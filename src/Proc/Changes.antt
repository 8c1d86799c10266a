-- ===== src/Proc/Changes.antt =====
-- The changes of the process table that are not of one entry in use, and the invariant.
use os.Prelude.{
  ℕ, ◌+◌, ◌-◌, ◌^◌, ◌<◌, ◌≡◌, ◌⊎◌, inl, inr, ap, ◌∙◌, Bool, true, false, arith, Bool-cases, Option,
  none, some, u32, ◌&&◌,
}
use native.Mathlib.Decide.{ℕ_discrete}
use os.Proc.{
  Table, nproc, unused, used, sleeping, runnable, running, set_proc, freeproc, find_unused,
  allocpid, allocproc, alloc_entry, fork_alloc, fork_entry, fork_parent, wakeup,
}
use os.Proc.Inv.{Alive, Inv, next_to}
use os.Proc.Loops.{wakeup-proc, wakeup-rest}
use os.Proc.Search.{Found, find_unused-Found}

-- some of the sleeping processes have been made runnable
pub record Roused (t u : Table) : Type 0 where
  pub next_pid : u.next_pid ≡ t.next_pid
  pub init : u.init ≡ t.init
  pub parents : (k : ℕ) → k < nproc → (u.proc k).parent ≡ (t.proc k).parent
  pub pids : (k : ℕ) → k < nproc → (u.proc k).pid ≡ (t.proc k).pid
  pub chans : (k : ℕ) → k < nproc → (u.proc k).chan ≡ (t.proc k).chan
  pub states :
      (k : ℕ)
      → k < nproc
      → ((u.proc k).state ≡ (t.proc k).state)
        ⊎ (((t.proc k).state ≡ sleeping) × ((u.proc k).state ≡ runnable))

pub Roused-Inv : {t u : Table} → Inv t → Roused t u → Inv u
Roused-Inv {t} {u} inv r = record {
  init_at = inv.init_at;
  init =
      (r.init ∙ inv.init.0, inv.init.1, ground (arith, inv.init, r.states inv.init_at inv.init.1));
  free = λ k lt s. ground (arith, inv.free k lt, r.parents k lt, r.pids k lt, r.states k lt);
  family = λ k lt nz.
      let at = inv.family k lt (ground (arith, r.parents k lt)) in
      rw (r.parents k lt) (
        at.0,
        ground
            (arith, at.1, r.states ((t.proc k).parent - 1) (omega (arith, at.0, r.parents k lt))),
      );
  orphans = λ k lt s ne. ground (arith, inv.orphans k lt, r.parents k lt, r.states k lt);
  waiting = λ q c lq lc s ch par z.
      ground
        (arith, inv.waiting q c lq lc, r.states q lq, r.states c lc, r.chans q lq, r.parents c lc);
  pids = λ k lt s. ground (arith, inv.pids k lt, r.states k lt, r.pids k lt, r.next_pid);
  distinct = λ j k lj lk ne uj uk.
      ground
        (arith, inv.distinct j k lj lk ne, r.states j lj, r.states k lk, r.pids j lj, r.pids k lk);
  next = ground (arith, inv.next, r.next_pid);
}

pub wakeup-Inv : (me chan : ℕ) {t : Table} → Inv t → Inv (wakeup me chan t)
wakeup-Inv me chan {t} inv = Roused-Inv inv (record {
  next_pid = (wakeup-rest me chan t).0;
  init = (wakeup-rest me chan t).1;
  parents = λ k lt. ground (arith, wakeup-proc me chan t k lt);
  pids = λ k lt. ground (arith, wakeup-proc me chan t k lt);
  chans = λ k lt. ground (arith, wakeup-proc me chan t k lt);
  states = λ k lt. ground (arith, wakeup-proc me chan t k lt);
})

-- An entry that cannot run may be freed: no parent pointer leads to it.
pub freeproc-Inv :
    {t : Table} → Inv t → (i : ℕ) → i < nproc → ¬ Alive (t.proc i).state → Inv (freeproc i t)
unfolding freeproc
freeproc-Inv {t} inv i li dead = record {
  init_at = inv.init_at;
  init = (
    inv.init.0,
    inv.init.1,
    elim (ℕ_discrete inv.init_at i) [
      | yes e ↦ absurd (dead (ground (arith, inv.init, ap t.proc e)))
      | no ne ↦ ground (arith, inv.init)
    ],
  );
  free = λ k lt s. ground (arith, inv.free k lt);
  family = λ k lt nz. ground (arith, inv.family k lt, dead, next_to i ((t.proc k).parent - 1));
  orphans = λ k lt s ne. ground (arith, inv.orphans k lt);
  waiting = λ q c lq lc s ch par z. ground (arith, inv.waiting q c lq lc);
  pids = λ k lt s. ground (arith, inv.pids k lt);
  distinct = λ j k lj lk ne uj uk. ground (arith, inv.distinct j k lj lk ne);
  next = inv.next;
}

-- allocproc() once it has found the free entry `i`
abbrev pub claim : ℕ → Table → Table
claim i t =
    set_proc (record t { next_pid = u32 (t.next_pid + 1) }) i
      (record (t.proc i) { pid = t.next_pid; state = used })

pub claim-Inv :
    {t : Table}
    → Inv t
    → (i : ℕ) → i < nproc
    → (t.proc i).state ≡ unused
    → t.next_pid + 1 < 2 ^ 31
    → Inv (claim i t)
claim-Inv {t} inv i li s0 room = record {
  init_at = inv.init_at;
  init = (
    inv.init.0,
    inv.init.1,
    elim (ℕ_discrete inv.init_at i) [
      | yes e ↦ absurd (ground (arith, inv.init, ap t.proc e))
      | no ne ↦ ground (arith, inv.init)
    ],
  );
  free = λ k lt s. ground (arith, inv.free k lt);
  family =
      λ k lt nz. ground (arith, inv.family k lt, inv.free i li, next_to i ((t.proc k).parent - 1));
  orphans = λ k lt s ne. ground (arith, inv.orphans k lt);
  waiting = λ q c lq lc s ch par z. ground (arith, inv.waiting q c lq lc);
  pids = λ k lt s. ground (arith, inv.pids k lt, inv.next);
  distinct =
      λ j k lj lk ne uj uk. ground (arith, inv.distinct j k lj lk ne, inv.pids j lj, inv.pids k lk);
  next = ground (arith, inv.next);
}

-- the invariant, and of the entry that is returned that it is used and not yet started
abbrev pub Claimed : Option ℕ × Table → Type 0
Claimed (none, u) = Inv u
Claimed (some i, u) = Inv u × (i < nproc) × ((u.proc i).state ≡ used)

alloc_entry-Claimed :
    (page pagetable : Bool) {t : Table}
    → Inv t
    → t.next_pid + 1 < 2 ^ 31
    → (o : Option ℕ) → Found 0 nproc t o
    → Claimed (alloc_entry page pagetable t o)
unfolding alloc_entry allocpid
alloc_entry-Claimed page pagetable {t} inv room none q = inv
alloc_entry-Claimed page pagetable {t} inv room (some i) q = elim (Bool-cases (page && pagetable)) [
  | inl e ↦ rw e (claim-Inv inv i q.1 q.2 room, q.1, ground arith)
  | inr e ↦ rw e (freeproc-Inv (claim-Inv inv i q.1 q.2 room) i q.1 (ground arith))
]

pub allocproc-Claimed :
    (page pagetable : Bool) {t : Table}
    → Inv t
    → t.next_pid + 1 < 2 ^ 31
    → Claimed (allocproc page pagetable t)
unfolding allocproc
allocproc-Claimed page pagetable {t} inv room =
    alloc_entry-Claimed page pagetable inv room (find_unused nproc 0 t)
      (find_unused-Found nproc 0 t)

fork_entry-Inv : (copied : Bool) (r : Option ℕ × Table) → Claimed r → Inv (fork_entry copied r).1
unfolding fork_entry
fork_entry-Inv copied (none, t) inv = inv
fork_entry-Inv true (some i, t) c = c.0
fork_entry-Inv false (some i, t) c = freeproc-Inv c.0 i c.1 (ground (arith, c.2))

pub fork_alloc-Inv :
    (page pagetable copied : Bool) {t : Table}
    → Inv t
    → t.next_pid + 1 < 2 ^ 31
    → Inv (fork_alloc page pagetable copied t).1
unfolding fork_alloc
fork_alloc-Inv page pagetable copied inv room =
    fork_entry-Inv copied _ (allocproc-Claimed page pagetable inv room)

pub fork_parent-Inv :
    {t : Table}
    → Inv t
    → (np me : ℕ) → np < nproc
    → me < nproc
    → (t.proc np).state ≡ used
    → (t.proc me).state ≡ running
    → Inv (fork_parent np me t)
unfolding fork_parent
fork_parent-Inv {t} inv np me ln lm s r = record {
  init_at = inv.init_at;
  init = (
    inv.init.0,
    inv.init.1,
    elim (ℕ_discrete inv.init_at np) [
      | yes e ↦ absurd (ground (arith, inv.init, ap t.proc e))
      | no ne ↦ ground (arith, inv.init)
    ],
  );
  free = λ k lt u. ground (arith, inv.free k lt);
  family =
      λ k lt nz. ground (arith, inv.family k lt, next_to np ((t.proc k).parent - 1), next_to np me);
  orphans = λ k lt u ne. ground (arith, inv.orphans k lt);
  waiting = λ q c lq lc u ch par z. ground (arith, inv.waiting q c lq lc);
  pids = λ k lt u. ground (arith, inv.pids k lt, inv.pids np ln);
  distinct = λ j k lj lk ne uj uk.
      ground (arith, inv.distinct j k lj lk ne, inv.distinct np k ln lk, inv.distinct j np lj ln);
  next = inv.next;
}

● **Exercise description**
The lines wanted are those from the one with "ground (arith, inv.distinct j k lj lk ne, inv.distinct" through the last line of the records, repeated exactly and with both ends included.

● **Result for this task**
      ground (arith, inv.distinct j k lj lk ne, inv.distinct np k ln lk, inv.distinct j np lj ln);
  next = inv.next;
}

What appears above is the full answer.